Important instances:
sklearn.decomposition.PCAsklearn.decomposition.LatentDirichletAllocationsklearn.manifold.TSNEsklearn.preprocessing.FunctionTransformersklearn.preprocessing.LabelEncoder
Important day-to-day packages
There is a LOT that’s built into SKL. The user guide is here and the API reference is here. The packages required for most daily tasks, particularly interview tasks, are as follows.
Utility
sklearn.datasets
Contains some canned datasets (like Iris) along with classes for generating ad-hoc benchmark datasets.
sklearn.pipeline
Mostly interesting for the Pipeline class, which lets you chain predictors.
Feature engineering
sklearn.decomposition
Mainly interesting to me for PCA and LDA (topic modeling) (The other LDA has its own package.)

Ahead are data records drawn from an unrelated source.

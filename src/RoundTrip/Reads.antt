-- ===== src/RoundTrip/Reads.antt =====
-- What a visit of some elements does to the state, and how such visits join.
use dotdeb_php_mongodb.Prelude.{
  none, pos, Bytes, Bool, true, false, Option, ◌≡◌, refl, none, sym, ◌∙◌,
}
use dotdeb_php_mongodb.Bson.{Bson, Doc, element}
use dotdeb_php_mongodb.Php.{ClassEntry, Key, index, Zval, Table, empty, entry, Env}
use dotdeb_php_mongodb.Php.Hash.{◌⧺◌, find, add_next, next_index, update_new, ⧺_assoc, ⧺-empty}
use dotdeb_php_mongodb.TypeMap.{native_array, Target, TypeMap}
use dotdeb_php_mongodb.Decode.{visit, visit_all}
use dotdeb_php_mongodb.Decode.Visitors.{State, add, symtable_key}

-- `['root' => 'array', 'document' => 'array', 'array' => 'array']`.
abbrev pub native_map : TypeMap
native_map =
    let native : Target = record { type = native_array; class_entry = none } in
    record { document = native; array = native; root = native }

-- A visit that started in `st` added the entries of `t`, went on, and threw nothing. It may have
-- found an ODM class.
pub record Reads (st : State) (t : Table) (r : State × Bool) : Type 0 where
  pub goes_on : r.1 ≡ false
  pub zchild : r.0.zchild ≡ st.zchild ⧺ t
  pub map : r.0.map ≡ st.map
  pub in_array : r.0.is_visiting_array ≡ st.is_visiting_array
  pub thrown : r.0.thrown ≡ st.thrown
  pub inits : r.0.inits ≡ st.inits

-- In `st` a value with the key text `k` becomes the new entry at `key`.
abbrev pub Adds : Env → State → Bytes → Key → Type 0
Adds env st k key =
    (v : Zval) (o : Option ClassEntry)
    → add env (record st { odm = o }) k v
      ≡ record st { odm = o; zchild = st.zchild ⧺ entry key v empty }

pub Adds-array :
    (env : Env) (st : State) (k : Bytes)
    → st.is_visiting_array ≡ true
    → Adds env st k (index (pos (next_index st.zchild)))
unfolding add add_next
Adds-array env st k h v o = rw h

pub Adds-document :
    (env : Env) (st : State) (k : Bytes) (key : Key)
    → st.is_visiting_array ≡ false
    → symtable_key env k ≡ key
    → find st.zchild key ≡ none
    → Adds env st k key
unfolding add
Adds-document env st k key h e new v o = rw (h, e, update_new st.zchild key v new)

pub Reads-nil : (st : State) → Reads st empty (st, false)
Reads-nil st = record {
  goes_on = refl;
  zchild = sym (⧺-empty st.zchild);
  map = refl;
  in_array = refl;
  thrown = refl;
  inits = refl;
}

-- Adding one value.
pub Reads-add :
    (env : Env) (st : State) (k : Bytes) (key : Key) (v : Zval) (o : Option ClassEntry)
    → Adds env st k key
    → Reads st (entry key v empty) (add env (record st { odm = o }) k v, false)
Reads-add env st k key v o adds = rw (adds v o) (record {
  goes_on = refl;
  zchild = refl;
  map = refl;
  in_array = refl;
  thrown = refl;
  inits = refl;
})

-- One element before the rest of a document.
pub Reads-cons :
    (env : Env) (st : State) (k : Bytes) (b : Bson) (d : Doc) (key : Key) (v : Zval) (t : Table)
    → Reads st (entry key v empty) (visit env st k b)
    → Reads (visit env st k b).0 t (visit_all env (visit env st k b).0 d)
    → Reads st (entry key v t) (visit_all env st (element k b d))
unfolding visit_all ◌⧺◌
Reads-cons env st k b d key v t one rest = rw one.goes_on (record {
  goes_on = rest.goes_on;
  zchild = rest.zchild ∙ cc (one.zchild, ⧺_assoc st.zchild (entry key v empty) t);
  map = rest.map ∙ one.map;
  in_array = rest.in_array ∙ one.in_array;
  thrown = rest.thrown ∙ one.thrown;
  inits = rest.inits ∙ one.inits;
})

sklearn.feature_extraction
Has feature extractors for text (TF-IDF, counts) or images (patch extraction).
sklearn.impute
This package has four useful classes related to missing values. They are all Estimator instances, meaning that you still use fit and then transform (though you can condense this to fit_transform(...)), which will return the updated version of your input.

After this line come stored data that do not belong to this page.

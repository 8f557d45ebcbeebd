-- ===== src/RoundTrip/Children.antt =====
-- The visitors of single values, and of the nested documents and arrays that have been read.
use mathlib.Core.Bool.{false≢true}
use native.Mathlib.Nat.{mod-eq_of_lt}
use dotdeb_php_mongodb.Prelude.{
  some, none, inl, inr, Option-cases, Bool-cases, ap, Bytes, Bool, true, false, ◌≡◌, refl, none,
  sym, ℤ, Bool-cases, ltb_ℤ, int32_max, ◌||◌, int32_min,
}
use dotdeb_php_mongodb.Php.{Key, BsonObject, objectid, Zval, Table, empty, entry, Env, utcdatetime}
use dotdeb_php_mongodb.Php.Hash.{◌⧺◌}
use dotdeb_php_mongodb.Regex.{new_regex}
use dotdeb_php_mongodb.TypeMap.{native_array, Target, TypeMap}
use dotdeb_php_mongodb.Decode.{visit}
use dotdeb_php_mongodb.Decode.Visitors.{State, add}
use dotdeb_php_mongodb.Decode.Documents.{
  child_state, visit_array, convert_array, convert_document, keep_child, visit_document, with_odm,
}
use dotdeb_php_mongodb.RoundTrip.Plain.{IsStable, bson_of_object, bson_of_int}
use dotdeb_php_mongodb.RoundTrip.Reads.{native_map, Reads, Adds, Reads-add}

pub visit_object-Reads :
    (env : Env) (st : State) (k : Bytes) (key : Key) (o : BsonObject)
    → IsStable env o
    → Adds env st k key
    → Reads st (entry key (Zval.bson o) empty) (visit env st k (bson_of_object env o))
unfolding visit bson_of_object
visit_object-Reads env st k key (objectid h) s a = rw s (Reads-add env st k key _ st.odm a)
visit_object-Reads env st k key (BsonObject.binary t d) s a =
    rw (mod-eq_of_lt s) (Reads-add env st k key _ _ a)
visit_object-Reads env st k key (BsonObject.regex p f) s a =
    unfold new_regex in rw s.2 (Reads-add env st k key _ st.odm a)
visit_object-Reads env st k key (BsonObject.javascript c none) s a =
    Reads-add env st k key _ st.odm a
visit_object-Reads env st k key (BsonObject.javascript c (some d)) s a =
    Reads-add env st k key _ st.odm a
visit_object-Reads env st k key (utcdatetime ms) s a = Reads-add env st k key _ st.odm a
visit_object-Reads env st k key _ s a = Reads-add env st k key _ st.odm a

pub visit_int-Reads :
    (env : Env) (st : State) (k : Bytes) (key : Key) (v : ℤ)
    → Adds env st k key
    → Reads st (entry key (Zval.long v) empty) (visit env st k (bson_of_int v))
unfolding visit bson_of_int
visit_int-Reads env st k key v a = elim (Bool-cases (ltb_ℤ int32_max v || ltb_ℤ v int32_min)) [
  | inl wide ↦ rw wide (Reads-add env st k key _ st.odm a)
  | inr narrow ↦ rw narrow (Reads-add env st k key _ st.odm a)
]

convert_array-native :
    (env : Env) (target : Target) (child : State)
    → target.type ≡ native_array
    → convert_array env target child ≡ (Zval.array child.zchild, child)
unfolding convert_array
convert_array-native env target child h = rw h

pub convert_document-native :
    (env : Env) (target : Target) (child : State)
    → target.type ≡ native_array
    → convert_document env target child ≡ (Zval.array child.zchild, child)
unfolding convert_document with_odm
convert_document-native env target child h = elim (Option-cases child.odm) [
  | inl e ↦ rw (h, e)
  | inr (c, e) ↦ rw (h, e)
]

keep_child-same :
    (st child : State)
    → child.thrown ≡ st.thrown
    → child.inits ≡ st.inits
    → keep_child st child ≡ st
unfolding keep_child
keep_child-same st child t n = rw (t, n)

pub visit_array-eq :
    (env : Env) (st child : State) (k : Bytes)
    → visit_array env st k (child, false) ≡ (
      add env
          (keep_child st (convert_array env st.map.array child).1)
          k
          (convert_array env st.map.array child).0,
      false,
    )
unfolding visit_array
visit_array-eq env st child k = refl

pub visit_document-eq :
    (env : Env) (st child : State) (k : Bytes)
    → visit_document env st k (child, false) ≡ (
      add env
          (keep_child st (convert_document env st.map.document child).1)
          k
          (convert_document env st.map.document child).0,
      false,
    )
unfolding visit_document
visit_document-eq env st child k = refl

module _ (env : Env) (st : State) (k : Bytes) (key : Key) (t : Table) (native : st.map ≡ native_map)
    (adds : Adds env st k key) where
  -- What a child context has read, in its parent.
  child-Reads :
      (b : Bool) (child : State)
      → Reads (child_state b st) t (child, false)
      → Reads st
          (entry key (Zval.array t) empty)
          (add env (keep_child st child) k (Zval.array child.zchild), false)
  unfolding child_state ◌⧺◌
  child-Reads b child h =
      let whole : child.zchild ≡ t = h.zchild in
      rw (keep_child-same st child h.thrown h.inits, whole)
        (Reads-add env st k key (Zval.array t) st.odm adds)

  pub visit_array-Reads :
      (r : State × Bool)
      → Reads (child_state true st) t r
      → Reads st (entry key (Zval.array t) empty) (visit_array env st k r)
  visit_array-Reads (child, true) h = absurd (false≢true (sym h.goes_on))
  visit_array-Reads (child, false) h =
      rw
        (
          visit_array-eq,
          convert_array-native env st.map.array child (ap (λ (m : TypeMap). m.array.type) native),
        )
        (child-Reads true child h)

  pub visit_document-Reads :
      (r : State × Bool)
      → Reads (child_state false st) t r
      → Reads st (entry key (Zval.array t) empty) (visit_document env st k r)
  visit_document-Reads (child, true) h = absurd (false≢true (sym h.goes_on))
  visit_document-Reads (child, false) h =
      rw
        (
          visit_document-eq,
          convert_document-native env st.map.document child
              (ap (λ (m : TypeMap). m.document.type) native),
        )
        (child-Reads false child h)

SimpleImputer: Your usual strategies: mean, median, mode, or constant. Usually the right choice for your baseline.
KNNImputer: Impute features for each column based on a similarity metric (which obviously can only take numerical values into account).

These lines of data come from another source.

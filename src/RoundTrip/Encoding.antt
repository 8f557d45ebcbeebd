-- ===== src/RoundTrip/Encoding.antt =====
-- The encoder on plain values: no exception, and the elements of the value.
use dotdeb_php_mongodb.Prelude.{
  Bytes, false, none, some, ◌≡◌, refl, arith, c_string_whole, ℤ, has_nul, ℕ, suc,
}
use dotdeb_php_mongodb.Bson.{Bson, Doc, element}
use dotdeb_php_mongodb.Php.{index, name, BsonObject, objectid, Zval, Table, empty, entry, Env}
use dotdeb_php_mongodb.Php.Hash.{◌⧺◌}
use dotdeb_php_mongodb.Encode.{
  Flags, Shape, converted, appended, as_array, as_document, all_entries, both, nested_as, keys_from,
  is_array_or_document, append_int, bson_object_to_bson, seen_key, append_id, bson_append,
  table_to_bson, without_id,
}
use dotdeb_php_mongodb.RoundTrip.Plain.{
  IsPlain, ArePlain, IsStable, KeysFit, KeysFitAs, wrap, bson_of_object, bson_of_int, bson_of,
  elements,
}

bson_object-eq :
    (env : Env) (k : Bytes) (o : BsonObject)
    → IsStable env o
    → bson_object_to_bson env k o ≡ appended k (bson_of_object env o)
unfolding bson_object_to_bson bson_of_object
bson_object-eq env k (objectid h) s = refl
bson_object-eq env k (BsonObject.regex p f) s = rw (c_string_whole p s.0, c_string_whole f s.1)
bson_object-eq env k (BsonObject.javascript c none) s = rw (c_string_whole c s)
bson_object-eq env k (BsonObject.javascript c (some sc)) s = rw (c_string_whole c s)
bson_object-eq env k _ s = refl

append_int-eq : (k : Bytes) (v : ℤ) → append_int k v ≡ appended k (bson_of_int v)
unfolding append_int bson_of_int
append_int-eq k v = ground arith

nested_as-eq :
    (s : Shape) (k : Bytes) (d : Doc) → nested_as s k (converted d) ≡ appended k (wrap s d)
unfolding nested_as wrap
nested_as-eq as_array k d = refl
nested_as-eq as_document k d = refl

-- The keys of a table that `skips` and the test for NUL bytes let through.
abbrev pub Keyed : Table → Type 0
Keyed empty = Unit
Keyed (entry (index i) v t) = Keyed t
Keyed (entry (name s) v t) = (has_nul s ≡ false) × Keyed t

seen_key-eq : (fl : Flags) (s : Bytes) → fl.add_id ≡ false → seen_key fl s ≡ fl
unfolding seen_key
seen_key-eq fl s h = ground arith

both-appended :
    (k : Bytes) (b : Bson) (d : Doc) → both (appended k b) (converted d) ≡ converted (element k b d)
unfolding both
both-appended k b d = refl

Keyed-of_array : (n : ℕ) (t : Table) → keys_from n t ≡ as_array → Keyed t
unfolding keys_from
Keyed-of_array n empty h = tt
Keyed-of_array n (entry (index i) v t) h = Keyed-of_array (suc n) t (ground arith)
Keyed-of_array n (entry (name s) v t) h = cc

pub Keyed-of_fit : (env : Env) (before t : Table) → KeysFit env before t → Keyed t
Keyed-of_fit env before empty h = tt
Keyed-of_fit env before (entry (index i) v t) h =
    Keyed-of_fit env (before ⧺ entry (index i) v empty) t h.3
Keyed-of_fit env before (entry (name s) v t) h =
    (h.0, Keyed-of_fit env (before ⧺ entry (name s) v empty) t h.3)

Keyed-of_shape :
    (env : Env) (s : Shape) (t : Table) → keys_from 0 t ≡ s → KeysFitAs env s t → Keyed t
Keyed-of_shape env as_array t e h = Keyed-of_array 0 t e
Keyed-of_shape env as_document t e h = Keyed-of_fit env empty t h

mutual
  unfolding bson_append is_array_or_document bson_of append_id

  bson_append-plain :
      (env : Env) (fl : Flags) (k : Bytes) (z : Zval)
      → fl.add_id ≡ false
      → IsPlain env z
      → bson_append env fl k z ≡ appended k (bson_of env z)
  bson_append-plain env fl k Zval.null f h = refl
  bson_append-plain env fl k (Zval.bool b) f h = refl
  bson_append-plain env fl k (Zval.long v) f h = append_int-eq k v
  bson_append-plain env fl k (Zval.double d) f h = refl
  bson_append-plain env fl k (Zval.string s) f h = rw h
  bson_append-plain env fl k (Zval.array t) f h =
      rw (table_to_bson-plain env fl t f (Keyed-of_shape env (keys_from 0 t) t refl h.0) h.1)
        (nested_as-eq (keys_from 0 t) k (elements env t))
  bson_append-plain env fl k (Zval.bson o) f h = bson_object-eq env k o h
  bson_append-plain env fl k (Zval.object c p r) f h = absurd h
  bson_append-plain env fl k (Zval.indirect z) f h = absurd h
  bson_append-plain env fl k (Zval.reference z) f h = absurd h
  bson_append-plain env fl k (Zval.unsupported n) f h = absurd h

  pub table_to_bson-plain :
      (env : Env) (fl : Flags) (t : Table)
      → fl.add_id ≡ false
      → Keyed t
      → ArePlain env t
      → table_to_bson env fl all_entries t ≡ converted (elements env t)
  table_to_bson-plain env fl empty f n h = rw f
  table_to_bson-plain env fl (entry (index i) v t) f n h =
      rw
        (
          bson_append-plain env (without_id fl) (env.long_to_str i) v refl h.0,
          table_to_bson-plain env fl t f n h.1,
        )
        (both-appended _ _ _)
  table_to_bson-plain env fl (entry (name s) v t) f n h =
      rw
        (
          n.0,
          seen_key-eq fl s f,
          bson_append-plain env (without_id fl) s v refl h.0,
          table_to_bson-plain env fl t f n.1 h.1,
        )
        (both-appended _ _ _)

MissingIndicator: not actually an imputer; it just adds flags for missing values.
IterativeImputer (beta): Iteratively impute features for each column based on the values from the others.
sklearn.preprocessing
Lots of data cleaning classes. Some of the most useful are:
OneHotEncoderandLabelEncoder(for categorical variables)- Column-wise normalization (
StandardScaler) and row-wise normalization (Normalizer)
SKL provides a user guide on preprocessing data.
Models
sklearn.cluster
Your usual clustering algorithms (K-means, hierarchical, biclustering, etc.).
sklearn.ensemble
The usual suspects (bagging, RF, boosting, extra trees, etc.), plus stacking for sequential ensembles. For each of these, you have separate classes for regression and for classification.
sklearn.linear_model
More stuff than you’d expect. In addition to linear and logistic regression, you also have a linear SLP class (Perceptron), ridge regression, etc. They also have classes that combine regressors with regularization, resulting in a combinatoric explosion of classes.
sklearn.neighbors
Classes for nearest neigbhor search (e.g. KDTree) and nearest-neighbor regression and classification.
sklearn.svm
Support vector machines for regression and classification.
sklearn.tree
Base decision tree classes. Outside of an interview, you’d rarely use these unless you were building a fancy custom ensemble for some reason.
WARNING: this module has ExtraTreeClassifier and ExtraTreeRegressor classes. These are single trees. You almost certainly want ExtraTreesClassifier and ExtraTreesRegressor (note the plural!) from sklearn.ensemble.
Evaluation
sklearn.metrics
All the performance metrics you could ever want for classification, regression, ranking, clustering, distance and more.
sklearn.model_selection
This probably should have been split into a package called cross_validation and then this one, as there are dozens of members that deal with cross-validation of one kind or another, including CV for hyperparameter tuning.
The remaining ones are a hodgepodge. On the one hand, you have classes for things like tuning the threshold for binary classifiers. Then you have non-CV classes dealing with hyperparameter tuning. For some reason, the method for train-test splitting is here too (though you have to use it twice if you want a dev split). You even have a couple of classes that draw plots.
What a mess. The moral of the story is that if you can’t find it, there’s a good chance they stuck it in here. (Though there’s also a utils class. How they chose which shit to dump into each is beyond me.)